The Bible’s original readers may not share our culture, but they share our humanity, and the God they worshipped invited them to bring that humanity to their theology, prayers, songs, and stories.
And so, we have on our hands a Bible that includes psalms of praise but also psalms of complaint and anger, a Bible that poses big questions about the nature of evil and the cause of suffering without always answering them. We have a Bible that says in one place that “with much wisdom comes much sorrow” (Ecclesiastes 1:18) and in another “wisdom is supreme – so get wisdom” (Proverbs 4:7). We have a Bible concerned with what to do when your neighbor’s donkey falls into a pit and exactly how much cinnamon to add to anointing oil. We have a Bible that depicts God as aloof and in control in one moment, and vulnerable and humanlike in the next, a Bible that has frustrated even the best systematic theologians for centuries because it’s a Bible that so rarely behaves.
In short, we have on our hands a Bible as complicated and dynamic as our relationship with God, one that reads less like divine monologue and more like an intimate conversation. Our most sacred stories emerged in a rift in that relationship, an intense crisis of faith. Those of us who spend as much time doubting as we do believing can take enormous comfort in that.
The Bible is for us too.
Origin stories take all sorts of forms, [from family stories], to the legends that urge us to idealize our nation’s founders, to the reason your Jewish neighbors dip celery into salt water at their Passover meal each year. So ubiquitous, [found everywhere], they can blend into the scenery, origin stories permeate our language, our assumptions, our routines. Origin stories sometimes serve to protect us from uncomfortable truths, like the way nostalgia for the first Thanksgiving tends to charm white folks out of confronting our ancestors’ mistreatment of indigenous people. Or they can offer dignity and hope to the suffering the way recounting Israel’s deliverance from Egypt has comforted the Jews through exiles and diasporas and African Americans through
slavery and the civil rights movement.
Origin stories tell us who we are, where we come from, and what the world is like. When we understand the function of origin stories, both in our culture and in our lives, we can make better sense of those found in Scripture.

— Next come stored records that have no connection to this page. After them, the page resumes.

-- ===== src/Creator/Placement/Copies.antt =====
-- What the recovery files of par2creator.cpp hold: the packets without gaps, and the critical
-- packets in turn.
use mathlib.Core.List.{append_assoc, append-nil}
use native.Mathlib.Nat.{
  mod-add-div, mod-lt, mod-eq_of_lt, mul_comm, mul-mod_left, add-mul-mod_self_left,
}
use par2tbb.Base.{ℕ, zero, suc, ◌+◌, ◌*◌, ◌/◌, ◌%◌, ◌^◌, ◌<◌, ◌≡◌, refl, sym, ap, ap₂, ◌∙◌}
use par2tbb.Base.{
  arith, ◌==◌, ==_iff, if◌then◌else◌, Bool-cases, inl, inr, List, [], ◌∷◌, ◌++◌, length,
  length-append,
}
use par2tbb.Creator.{u64}
use par2tbb.Creator.Placement.{Content, Placed, Placing, length_at, place, next_critical}

-- The packets stand one behind the other, from an offset to another.
abbrev pub IsTiled : ℕ → List Placed → ℕ → Type 0
IsTiled from [] to = from ≡ to
IsTiled from (p ∷ ps) to = (p.offset ≡ from) × IsTiled (from + p.size) ps to

-- The numbers of the critical packets, and the exponents, in their order.
abbrev pub critical_in : Content → List ℕ
critical_in (Content.critical i) = i ∷ []
critical_in (Content.recovery e) = []
critical_in Content.creator = []

abbrev pub exponent_in : Content → List ℕ
exponent_in (Content.critical i) = []
exponent_in (Content.recovery e) = e ∷ []
exponent_in Content.creator = []

module _ (pick : Content → List ℕ) where
  abbrev pub picked : List Placed → List ℕ
  picked [] = []
  picked (p ∷ ps) = pick p.content ++ picked ps

  pub picked-append : (ps qs : List Placed) → picked (ps ++ qs) ≡ picked ps ++ picked qs
  picked-append [] qs = refl
  picked-append (p ∷ ps) qs =
      ap (λ t. pick p.content ++ t) (picked-append ps qs)
      ∙ sym (append_assoc (pick p.content) (picked ps) (picked qs))

abbrev pub criticals : List Placed → List ℕ
criticals = picked critical_in

abbrev pub exponents : List Placed → List ℕ
exponents = picked exponent_in

-- The first `t` numbers of the rounds 0, 1, ..., n - 1, 0, 1, ..., and `count` numbers from one on.
unfoldable pub turns : ℕ → ℕ → List ℕ
turns n zero = []
turns n (suc t) = turns n t ++ (t % n ∷ [])

unfoldable pub numbers : ℕ → ℕ → List ℕ
numbers from zero = []
numbers from (suc count) = numbers from count ++ ((from + count) ∷ [])

pub length-numbers : (from count : ℕ) → length (numbers from count) ≡ count
unfolding numbers
length-numbers from zero = refl
length-numbers from (suc count) =
    omega
      (arith, length-append (numbers from count) ((from + count) ∷ []), length-numbers from count)

-- The same with the offsets as 64 bits give them.
abbrev pub IsLaid : ℕ → List Placed → ℕ → Type 0
IsLaid from [] to = u64 from ≡ to
IsLaid from (p ∷ ps) to = (p.offset ≡ u64 from) × IsLaid (from + p.size) ps to

abbrev pub total_size : List Placed → ℕ
total_size [] = 0
total_size (p ∷ ps) = p.size + total_size ps

IsLaid-append :
    (from offset size : ℕ) (content : Content) (ps : List Placed)
    → IsLaid from ps offset
    → IsLaid from
        (ps ++ (record { offset = offset; size = size; content = content } ∷ []))
        (u64 (offset + size))
IsLaid-append from offset size content [] h = (omega arith, omega arith)
IsLaid-append from offset size content (p ∷ ps) (here, h) =
    (here, IsLaid-append (from + p.size) offset size content ps h)

-- Sizes that sum to less than 2^64 do not wrap.
pub laid-IsTiled :
    (from to : ℕ) (ps : List Placed)
    → from + total_size ps < 2 ^ 64
    → IsLaid from ps to
    → IsTiled from ps to
laid-IsTiled from to [] small h = omega arith
laid-IsTiled from to (p ∷ ps) small (here, h) =
    (omega arith, laid-IsTiled (from + p.size) to ps (omega arith) h)

-- One more packet at the end.
pub record Extends (s t : Placing) (content : Content) : Type 0 where
  pub tiled : IsLaid 0 t.placed t.offset
  pub criticals : picked critical_in t.placed ≡ picked critical_in s.placed ++ critical_in content
  pub exponents : picked exponent_in t.placed ≡ picked exponent_in s.placed ++ exponent_in content

pub place-Extends :
    (size : ℕ) (content : Content) (s : Placing)
    → IsLaid 0 s.placed s.offset
    → Extends s (place size content s) content
unfolding place
place-Extends size content s h =
    let new : List Placed = record { offset = s.offset; size = size; content = content } ∷ [] in
    record {
      tiled = IsLaid-append 0 s.offset size content s.placed h;
      criticals =
          picked-append critical_in s.placed new
          ∙ ap (λ t. picked critical_in s.placed ++ t) (append-nil (critical_in content));
      exponents =
          picked-append exponent_in s.placed new
          ∙ ap (λ t. picked exponent_in s.placed ++ t) (append-nil (exponent_in content));
    }

-- The next critical packet in turn.
abbrev pub turn : ℕ → Placing → ℕ
turn n s = if s.next == n then 0 else s.next

wrap : (n t at : ℕ) → 0 < n → at ≡ t % n → (if (at + 1) == n then 0 else (at + 1)) ≡ (t + 1) % n
wrap n t at positive same = elim (Bool-cases ((at + 1) == n)) [
  | inl last ↦ rw last (
      let whole : t + 1 ≡ (1 + t / n) * n =
        omega (arith, mod-add-div t n, (==_iff (at + 1) n).0 last, mul_comm n (t / n)) in
      sym (ap (λ x. x % n) whole ∙ mul-mod_left (1 + t / n) n))
  | inr inner ↦ rw inner (
      let less : at + 1 < n = ground (arith, mod-lt t positive) in
      let split : t + 1 ≡ (at + 1) + n * (t / n) = omega (arith, mod-add-div t n) in
      sym (ap (λ x. x % n) split ∙ add-mul-mod_self_left (at + 1) n (t / n) ∙ mod-eq_of_lt less))
]

-- What the loops keep: `t` critical packets of `n` are placed.
pub record IsPlacing (n from done t : ℕ) (s : Placing) : Type 0 where
  pub tiled : IsLaid 0 s.placed s.offset
  pub turn : turn n s ≡ t % n
  pub criticals : picked critical_in s.placed ≡ turns n t
  pub exponents : picked exponent_in s.placed ≡ numbers from done

pub next_critical-IsPlacing :
    (lengths : List ℕ) (count from done t : ℕ) (s : Placing)
    → 0 < length lengths
    → IsPlacing (length lengths) from done t s
    → IsPlacing (length lengths) from done (suc t) (next_critical lengths count s)
unfolding next_critical turns
next_critical-IsPlacing lengths count from done t s positive v =
    let n = length lengths in
    let at = turn n s in
    let e = place-Extends (length_at lengths at) (Content.critical at) s v.tiled in
    record {
      tiled = e.tiled;
      turn = wrap n t at positive v.turn ∙ ap (λ x. x % n) {y = suc t} (omega arith);
      criticals = e.criticals ∙ ap₂ (λ x y. x ++ (y ∷ [])) v.criticals v.turn;
      exponents = e.exponents ∙ append-nil (picked exponent_in s.placed) ∙ v.exponents;
    }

For this week with the “ear of your heart”: Read Genesis 1:20 – 2:3 and practice Lectio Divina.
“Thought for Extending the Practice”: In the second half of the creation story, God moves from making inanimate objects to making living things. Humans are sacred. They are not only good but also blessed with qualities that enable them to share in God’s power of creation and oversight of the world. What would it mean to act as an image of God to all those I meet in my daily routine?
Source for “Thought for Extending the Practice”: “The CEB Lectio Divina Prayer Bible”
An invitation to our virtual participants: Discussion and comments are very much encouraged and welcomed. Online discussions can be held in the comments section in the upcoming post on Facebook for this week’s Deacon’s Reflection which is part of adult formation at St. Francis Episcopal Church.
Closing Prayer – Prayer of Blessing
May the deep blessings of earth be with us. May the fathomless soundings of seas surge in our soul. May boundless stretches of the universe echo in our depths to open us to wonder, to strengthen us for love, to humble us with gratitude, that we may find ourselves in one another, that we may lose ourselves in gladness, that we give ourselves to peace.
May the light of God illumine the heart of my soul. May the flame of Christ kindle me to love.
May the fire of the Spirit free me to live this day, tonight, and forever. Amen.
“Inspired”, Deacon Joe Dzugan, St. Francis Episcopal Church, 2023.